Task prompt
Needed from the data below: every line from the one with "files found r)" up to and including the one with "unfolding stage_source", repeated exactly and with nothing else.

___ Stored data ___

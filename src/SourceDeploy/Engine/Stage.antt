-- ===== src/SourceDeploy/Engine/Stage.antt =====
-- The stage tells whether there is anything to protect.
use fleetdeck.Prelude.{
  ◌≡◌, refl, sym, ◌∙◌, ◌⊎◌, inl, inr, Bool, true, false, Option, none, some, List, [], String,
  Outcome, ok, err,
}
use fleetdeck.SourceDeploy.Types.{Options, ApplyError, Run, ◌>>>◌, pure}
use fleetdeck.SourceDeploy.Staging.{Server, Staged, stage_source}
use fleetdeck.SourceDeploy.Keeps.{require-Keeps, ask-Keeps, check_that-Keeps}
use fleetdeck.SourceDeploy.StagingKeeps.{
  choose_updates-Keeps, preserve_private-Keeps, check_stage-Keeps, check_overrides-Keeps,
  check_empty-Keeps, created_now-Keeps,
}
use fleetdeck.SourceDeploy.Engine.{Commands}
use fleetdeck.SourceDeploy.Staging.{
  overrides, protected_now, stage_compose, stage_files, check_previous,
}
use fleetdeck.SourceDeploy.Engine.Order.{
  Saw, Saw-now, Ended, Clean, Clean-Ended, Post, bind-Post, keep-Post,
}

module _ (server : Server) (commands : Commands) (o : Options) where
  -- What is staged, and whether there is anything to protect.
  abbrev pub IsStaged : Staged → Run → Type 0
  IsStaged s r =
      Clean server commands o r
      × ((s.existing ≡ true) ⊎ Saw (λ k. server.protected_project k ≡ none) r.history)

  -- The rest of the staging changes nothing that the invariants speak of.
  stage_files-Post :
      (P : Run → Type 0) (files private : List String) (old : Bool × List String) (r : Run)
      → ((s : Run) → P s → Ended server commands o s)
      → P r
      → Post server commands o
          (λ s t. P t × (s.existing ≡ old.0))
          (stage_files server o files private old r)
  unfolding stage_files pure
  stage_files-Post P files private (existing, old_private) r ends p =
      bind-Post server commands o (λ a. P) _ _ _ r
        (keep-Post server commands o P _ r ends (require-Keeps P server.open_roots _) p)
        (λ a t q.
          bind-Post server commands o (λ a. P) _ _ _ t
            (keep-Post server commands o P _ t ends (choose_updates-Keeps P server o _ files []) q)
            (λ chosen u w.
              bind-Post server commands o (λ a. P) _ _ _ u
                (keep-Post server commands o P _ u ends (preserve_private-Keeps P server o _) w)
                (λ b v x.
                  bind-Post server commands o (λ a. P) _ _ _ v
                    (keep-Post server commands o P _ v ends (check_stage-Keeps P server o _ chosen)
                      x)
                    (λ updates y z. (z, refl)))))

  map-Post :
      {A : Type 0} (G H : A → Run → Type 0) (x : Outcome ApplyError A × Run)
      → ((a : A) (s : Run) → G a s → H a s)
      → Post server commands o G x
      → Post server commands o H x
  map-Post G H (ok a, r) h p = h a r p
  map-Post G H (err e, r) h p = p

  abbrev pub IsBare : Run → Type 0
  IsBare r = Clean server commands o r × Saw (λ k. server.protected_project k ≡ none) r.history

  -- From what the project had on.
  previous-Post :
      (found : Option (String × List String)) (compose : String) (files private : List String)
      (r : Run)
      → Clean server commands o r
      → found ≡ server.protected_project r.history
      → Post server commands o IsStaged (
          (check_previous server o compose found >>> λ old. stage_files server o files private old)
            r)
  unfolding check_previous pure
  previous-Post none compose files private r p e =
      let bare : Saw (λ k. server.protected_project k ≡ none) r.history =
        Saw-now (λ k. server.protected_project k ≡ none) r.history (sym e) in
      bind-Post server commands o (λ old t. IsBare t × (old.0 ≡ false)) IsStaged _ _ r
        (bind-Post server commands o (λ a. IsBare) (λ old t. IsBare t × (old.0 ≡ false)) _ _ r
          (keep-Post server commands o IsBare _ r (λ t q. Clean-Ended server commands o t q.0)
            (created_now-Keeps IsBare server o) (p, bare))
          (λ created t q.
            bind-Post server commands o (λ a. IsBare) (λ old t. IsBare t × (old.0 ≡ false)) _ _ t
              (keep-Post server commands o IsBare _ t (λ t q. Clean-Ended server commands o t q.0)
                (check_empty-Keeps IsBare server o created) q)
              (λ a u w. (w, refl))))
        (λ old t (q, without).
          map-Post (λ s t. IsBare t × (s.existing ≡ old.0)) IsStaged _
            (λ s u (w, same_flag). (w.0, inr w.1))
            (stage_files-Post IsBare files private old t
              (λ t q. Clean-Ended server commands o t q.0) q))
  previous-Post (some (old_compose, old_private)) compose files private r p e =
      bind-Post server commands o (λ old t. Clean server commands o t × (old.0 ≡ true)) IsStaged _ _
        r
        (bind-Post server commands o (λ a. Clean server commands o)
          (λ old t. Clean server commands o t × (old.0 ≡ true)) _ _ r
          (keep-Post server commands o (Clean server commands o) _ r (Clean-Ended server commands o)
            (require-Keeps (Clean server commands o) (server.project_identity old_compose) _) p)
          (λ a t q.
            bind-Post server commands o (λ a. Clean server commands o)
              (λ old t. Clean server commands o t × (old.0 ≡ true)) _ _ t
              (keep-Post server commands o (Clean server commands o) _ t
                (Clean-Ended server commands o) (check_that-Keeps (Clean server commands o) _ _) q)
              (λ a u w. (w, refl))))
        (λ old t (q, present).
          map-Post (λ s t. Clean server commands o t × (s.existing ≡ old.0)) IsStaged _
            (λ s u (w, same_flag). (w, inl (same_flag ∙ present)))
            (stage_files-Post (Clean server commands o) files private old t
              (Clean-Ended server commands o) q))

  stage_compose-Post :
      (files : List String) (found : String × List String) (r : Run)
      → Clean server commands o r
      → Post server commands o IsStaged (stage_compose server o files found r)
  unfolding stage_compose protected_now
  stage_compose-Post files (compose, private) r p =
      bind-Post server commands o (λ a. Clean server commands o) IsStaged _ _ r
        (keep-Post server commands o (Clean server commands o) _ r (Clean-Ended server commands o)
          (check_overrides-Keeps (Clean server commands o) server o overrides) p)
        (λ a t q.
          bind-Post server commands o (λ a. Clean server commands o) IsStaged _ _ t
            (keep-Post server commands o (Clean server commands o) _ t
              (Clean-Ended server commands o)
              (require-Keeps (Clean server commands o) (server.stage_identity compose) _) q)
            (λ b u w.
              bind-Post server commands o
                (λ f v. Clean server commands o v × (f ≡ server.protected_project v.history))
                IsStaged _ _ u (w, refl)
                (λ f v (x, e). previous-Post f compose files private v x e)))

  pub stage_source-Post :
      (r : Run)
      → Clean server commands o r
      → Post server commands o IsStaged (stage_source server o r)
  unfolding stage_source
  stage_source-Post r p =
      bind-Post server commands o (λ a. Clean server commands o) IsStaged _ _ r
        (keep-Post server commands o (Clean server commands o) _ r (Clean-Ended server commands o)
          (require-Keeps (Clean server commands o) server.make_stage _) p)
        (λ a t q.
          bind-Post server commands o (λ a. Clean server commands o) IsStaged _ _ t
            (keep-Post server commands o (Clean server commands o) _ t
              (Clean-Ended server commands o) (ask-Keeps (Clean server commands o) server.extract _)
              q)
            (λ files u w.
              bind-Post server commands o (λ a. Clean server commands o) IsStaged _ _ u
                (keep-Post server commands o (Clean server commands o) _ u
                  (Clean-Ended server commands o)
                  (require-Keeps (Clean server commands o) (server.is_clean files) _) w)
                (λ b v x.
                  bind-Post server commands o (λ a. Clean server commands o) IsStaged _ _ v
                    (keep-Post server commands o (Clean server commands o) _ v
                      (Clean-Ended server commands o)
                      (ask-Keeps (Clean server commands o) server.protected_stage _) x)
                    (λ found y z. stage_compose-Post files found y z))))
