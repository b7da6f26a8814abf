-- ===== src/SourceDeploy/Engine/Ordered.antt =====
-- The calls of a whole run.
use fleetdeck.Prelude.{
  ◌≡◌, refl, ◌⊎◌, inl, inr, Bool, true, false, some, List, [], ◌∷◌, String, Bool-cases, is_nil,
  Outcome, ok, err,
}
use fleetdeck.SourceDeploy.Types.{Options, services_started, ApplyError, Run}
use fleetdeck.SourceDeploy.Staging.{Server, Staged}
use fleetdeck.SourceDeploy.StagingKeeps.{admit_project-Keeps}
use fleetdeck.SourceDeploy.Engine.{
  Commands, commit, restart_answer, restart, new_run, attempt, apply,
}
use fleetdeck.SourceDeploy.Engine.Order.{
  Saw, unrestored, Follows, IsSettled, Ended, Clean, Clean-Ended, Post, bind-Post, keep-Post,
}
use fleetdeck.SourceDeploy.Engine.Snapshot.{
  user-Clean, registered-Clean, created-Clean, Covered, protect-Post, IsBuilt, build_images-Post,
}
use fleetdeck.SourceDeploy.Engine.Replacement.{write_source-Post}
use fleetdeck.SourceDeploy.Engine.Stage.{IsStaged, stage_source-Post}

module _ (server : Server) (commands : Commands) (o : Options) where
  commit-Post :
      (s : Staged) (r : Run)
      → IsStaged server commands o s r
      → Post server commands o (λ a. Clean server commands o) (commit server commands o s r)
  unfolding commit
  commit-Post s r (p, cover) =
      bind-Post server commands o (λ a. Covered server commands o) (λ a. Clean server commands o) _
        _ r (protect-Post server commands o s.existing s r p cover)
        (λ a t q.
          bind-Post server commands o
            (λ a t. IsBuilt server commands o t × (unrestored t.history ≡ []))
            (λ a. Clean server commands o) _ _ t (build_images-Post server commands o t q)
            (λ b u w. write_source-Post server commands o s.updates u w))

  attempt-Post :
      (r : Run)
      → Clean server commands o r
      → Post server commands o (λ a. Clean server commands o) (attempt server commands o r)
  unfolding attempt
  attempt-Post r p =
      bind-Post server commands o (λ a. Clean server commands o) (λ a. Clean server commands o) _ _
        r
        (keep-Post server commands o (Clean server commands o) _ r (Clean-Ended server commands o)
          (admit_project-Keeps (Clean server commands o) server o (user-Clean server commands o)
            (registered-Clean server commands o) (created-Clean server commands o))
          p)
        (λ a t q.
          bind-Post server commands o (IsStaged server commands o) (λ a. Clean server commands o) _
            _ t (stage_source-Post server commands o t q) (λ s u w. commit-Post s u w))

  Post-Ended :
      (x : Outcome ApplyError (Unit {0}) × Run)
      → Post server commands o (λ a. Clean server commands o) x
      → Ended server commands o x.1
  Post-Ended (ok a, r) p = Clean-Ended server commands o r p
  Post-Ended (err e, r) p = p

  restart_answer-Ended :
      (b : Bool) (r : Run)
      → Ended server commands o r
      → Ended server commands o (restart_answer server commands o b r)
  restart_answer-Ended true r p = p
  restart_answer-Ended false r p = p

  Settled-more :
      (names : List String) (r : Run)
      → IsSettled server commands o r
      → IsSettled server commands o (record r { history = services_started names ∷ r.history })
  unfolding unrestored
  Settled-more names r p id taken = elim (p id taken) [ inl e ↦ inl e | inr seen ↦ inr (inr seen) ]

  restart-Ended :
      (r : Run) → Ended server commands o r → Ended server commands o (restart server commands o r)
  unfolding Follows
  restart-Ended r (f, c) =
      let started : Run = record r { history = services_started r.stopped ∷ r.history } in
      elim (Bool-cases (is_nil r.stopped)) [
        | inl idle ↦ simp idle (f, c)
        | inr held ↦ simp held (
            restart_answer-Ended (commands.start r.stopped r.history) started
              ((tt, f), Settled-more r.stopped r c))
      ]

  apply-Ended : Ended server commands o (apply server commands o).1
  unfolding apply Follows unrestored
  apply-Ended = restart-Ended (attempt server commands o (new_run server commands o)).1 (
      Post-Ended (attempt server commands o (new_run server commands o))
        (attempt-Post (new_run server commands o) (tt, refl)))

  -- However `Apply` ends, its calls came in order: no file of the project is replaced before the images
  -- are built and the snapshot verified, unless the project had no Compose model to be read; a file is
  -- restored only after it was replaced; `up` comes after the edge is edge_answered, and the project's
  -- status after `up`, according to its outcome.
  pub apply-Follows : Follows server commands o (apply server commands o).1.history
  apply-Follows = apply-Ended.0

  -- If a run of `Apply` took a snapshot, then at its end it has called, for every file that it
  -- replaced, for the restoration from the snapshot, or has run `up` with the new files, unless the
  -- snapshot could not be opened.
  pub apply-unrestored :
      (id : String)
      → (apply server commands o).1.snapshot ≡ some id
      → (unrestored (apply server commands o).1.history ≡ [])
        ⊎ Saw (λ h. commands.open_snapshot id h ≡ false) (apply server commands o).1.history
  apply-unrestored id taken = apply-Ended.1 id taken
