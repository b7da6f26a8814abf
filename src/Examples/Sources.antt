-- ===== src/Examples/Sources.antt =====
-- The update of an existing project, of which the second file cannot be written.
use fleetdeck.Prelude.{
  ◌≡◌, refl, ◌↔◌, ◌⊎◌, true, false, not, Option, none, some, List, [], ◌∷◌, String, ◌==◌,
  if◌then◌else◌, All, Outcome, ok,
}
use fleetdeck.Prelude.Dict.{lookup, insert}
use fleetdeck.SourceDeploy.Types.{
  Options, ServiceModel, Model, files_added, pulled, built, writers_stopped, services_started,
  backed_up, verified, replaced, restored, History, ApplyError, Run, ◌>>>◌, pure, fail, answer, ask,
  require, note, perform, lift, check_that, branch,
}
use fleetdeck.SourceDeploy.Runtime.{resolve, quiesce, save_runtime, halt}
use fleetdeck.SourceDeploy.Staging.{Server, admit_project, stage_source, set_created}
use fleetdeck.SourceDeploy.Engine.{
  Commands, keep_snapshot, set_backup_id, take_snapshot, protect, build_images, restore_each,
  abandon, copied, copy_file, replace_files, edge_answered, prepare_edge, note_up, set_healthy,
  finish_up, start_services, write_source, commit, attempt, apply,
}
use fleetdeck.SourceDeploy.Types.{Entry, missing, directory, regular_file, branch}
use fleetdeck.SourceDeploy.Runtime.{
  stop_any, stop_writers, database_kinds, writers, tag_images, tag_line, tag_image,
  validate_runtime, check_services, check_volumes,
}
use fleetdeck.SourceDeploy.Staging.{
  Server, register, check_overrides, check_empty, created_now, check_previous, keep, drop_candidate,
  offer_env, lstat_now, offer_file, preserve_entry, check_buildx, check_stage, stage_files,
  protected_now, stage_compose, sensitive, protected, choose_updates, preserve_private,
  check_destinations, is_free, is_project_directory, lacks_override, can_write,
}
use fleetdeck.SourceDeploy.Engine.Restarted.{left_stopped, apply-left_stopped}
use fleetdeck.SourceDeploy.Confined.{IsAllowed, validate_runtime-IsAllowed}
use fleetdeck.SourceDeploy.Engine.Order.{unrestored, Saw, Follows}
use fleetdeck.SourceDeploy.Engine.Ordered.{apply-Follows, apply-unrestored}

abbrev shop : ServiceModel
shop = record {
  image = "shop";
  labels = [];
  build = none;
  volumes =
      record { kind = "volume"; source = "data"; read_only = false }
      ∷ record { kind = "bind"; source = "conf/site"; read_only = true }
      ∷ [];
  privileged = false;
  network_mode = "";
  pid = "";
  ipc = "";
  devices = [];
  cap_add = [];
  security_opt = [];
}

abbrev shop_model : Model
shop_model = record { name = "shop"; services = ("web", shop) ∷ [] }

abbrev lstat_shop : String → History → Entry
lstat_shop name h = if name == "new.txt" then missing else regular_file

abbrev small_server : Server
small_server = record {
  valid_name = λ s. true;
  to_lower = λ s. s;
  split_slash = λ s. s ∷ [];
  clean = λ s. s;
  linux_user_name = λ s. s;
  project_path = "/srv/shop";
  stage_path = "/srv/stage";
  paths = record { rel = λ a b. some b; is_local = λ s. true; base = λ s. s };
  prepare_base = λ h. true;
  admit = λ h. true;
  list_projects =
      λ h. some (record { name = "shop"; domain = "shop.test"; project_path = "/srv/shop" } ∷ []);
  lstat_path = λ h. directory;
  create_user = λ h. true;
  make_directory = λ h. true;
  create_project = λ h. true;
  lock_project = λ h. true;
  make_stage = λ h. true;
  extract = λ h. some ("compose.yml" ∷ "new.txt" ∷ []);
  is_clean = λ files h. true;
  protected_stage = λ h. some ("compose.yml", []);
  protected_project = λ h. some ("compose.yml", []);
  has_override = λ name h. false;
  stage_identity = λ name h. true;
  project_identity = λ name h. true;
  read_directory = λ h. none;
  open_roots = λ h. true;
  lstat = lstat_shop;
  remove_candidate = λ name h. true;
  copy_private = λ name h. true;
  environment_valid = λ h. true;
  stage_config = λ h. some (some shop_model);
  has_buildx = λ h. true;
  protect_contexts = λ m private h. some [];
  no_links = λ name h. true;
}

-- The services run until they are stopped.
abbrev running : History → Option (List String)
running [] = some ("web" ∷ [])
running (v ∷ h) = some []

abbrev full_disk : Commands
full_disk = record {
  database_kind = λ s. some "";
  containers = record {
    list_running = running;
    stop = λ h. true;
    list_ids = λ h. some [];
    inspect = λ h. none;
    tag = λ h. true;
    write_images = λ h. true;
  };
  project_config = λ h. some (some shop_model);
  backup = λ h. some "b1";
  add_files = λ names h. true;
  verify = λ id h. true;
  pull = λ h. true;
  build = λ no_cache h. true;
  copy = λ name h. not (name == "new.txt");
  open_snapshot = λ id h. true;
  prepare_edge = λ h. true;
  up = λ h. true;
  set_status = λ s h. true;
  start = λ names h. true;
}

abbrev shop_options : Options
shop_options = record {
  name = "shop";
  domain = "shop.test";
  timeout = 60000000000;
  no_cache = false;
}

abbrev failed_update : Outcome ApplyError (Unit {0}) × Run
failed_update = apply small_server full_disk shop_options

failed_update_ends :
    (failed_update.1.history
      ≡ services_started ("web" ∷ [])
        ∷ restored "compose.yml"
        ∷ replaced "compose.yml"
        ∷ built
        ∷ pulled
        ∷ verified "b1"
        ∷ files_added
        ∷ backed_up "b1"
        ∷ writers_stopped ("web" ∷ [])
        ∷ [])
    × (failed_update.1.snapshot ≡ some "b1")
unfolding ◌>>>◌ pure fail answer ask check_that require note perform lift branch check_volumes
    check_services validate_runtime resolve database_kinds writers halt stop_writers stop_any
    quiesce tag_image tag_line tag_images save_runtime sensitive protected is_free
    is_project_directory set_created register admit_project lacks_override check_overrides
    check_empty created_now check_previous keep drop_candidate offer_env lstat_now offer_file
    choose_updates preserve_entry preserve_private check_buildx can_write check_destinations
    check_stage stage_files protected_now stage_compose stage_source keep_snapshot set_backup_id
    take_snapshot protect build_images restore_each abandon copied copy_file replace_files
    edge_answered prepare_edge note_up set_healthy finish_up start_services write_source commit
    attempt apply ◌==◌ lookup insert
failed_update_ends = (refl, refl)

apply-unrestored_example :
    (unrestored failed_update.1.history ≡ [])
    ⊎ Saw (λ h. full_disk.open_snapshot "b1" h ≡ false) failed_update.1.history
apply-unrestored_example =
    apply-unrestored small_server full_disk shop_options "b1" failed_update_ends.1

apply-Follows_example : Follows small_server full_disk shop_options failed_update.1.history
apply-Follows_example = apply-Follows small_server full_disk shop_options

apply-left_stopped_example : left_stopped failed_update.1.history ≡ []
apply-left_stopped_example = apply-left_stopped small_server full_disk shop_options

shop_valid : validate_runtime small_server.paths "/srv/stage" shop_model ≡ ok tt
unfolding validate_runtime check_services check_volumes ◌==◌
shop_valid = refl

validate_runtime-IsAllowed_example :
    (validate_runtime small_server.paths "/srv/stage" shop_model ≡ ok tt)
    ↔ All
        (λ (s : String × ServiceModel). IsAllowed small_server.paths "/srv/stage" s.1)
        shop_model.services
validate_runtime-IsAllowed_example =
    validate_runtime-IsAllowed small_server.paths "/srv/stage" shop_model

___

Response area
      → Post server commands o IsStaged (stage_compose server o files found r)
  unfolding stage_compose protected_now
  stage_compose-Post files (compose, private) r p =
      bind-Post server commands o (λ a. Clean server commands o) IsStaged _ _ r
        (keep-Post server commands o (Clean server commands o) _ r (Clean-Ended server commands o)
          (check_overrides-Keeps (Clean server commands o) server o overrides) p)
        (λ a t q.
          bind-Post server commands o (λ a. Clean server commands o) IsStaged _ _ t
            (keep-Post server commands o (Clean server commands o) _ t
              (Clean-Ended server commands o)
              (require-Keeps (Clean server commands o) (server.stage_identity compose) _) q)
            (λ b u w.
              bind-Post server commands o
                (λ f v. Clean server commands o v × (f ≡ server.protected_project v.history))
                IsStaged _ _ u (w, refl)
                (λ f v (x, e). previous-Post f compose files private v x e)))

  pub stage_source-Post :
      (r : Run)
      → Clean server commands o r
      → Post server commands o IsStaged (stage_source server o r)
  unfolding stage_source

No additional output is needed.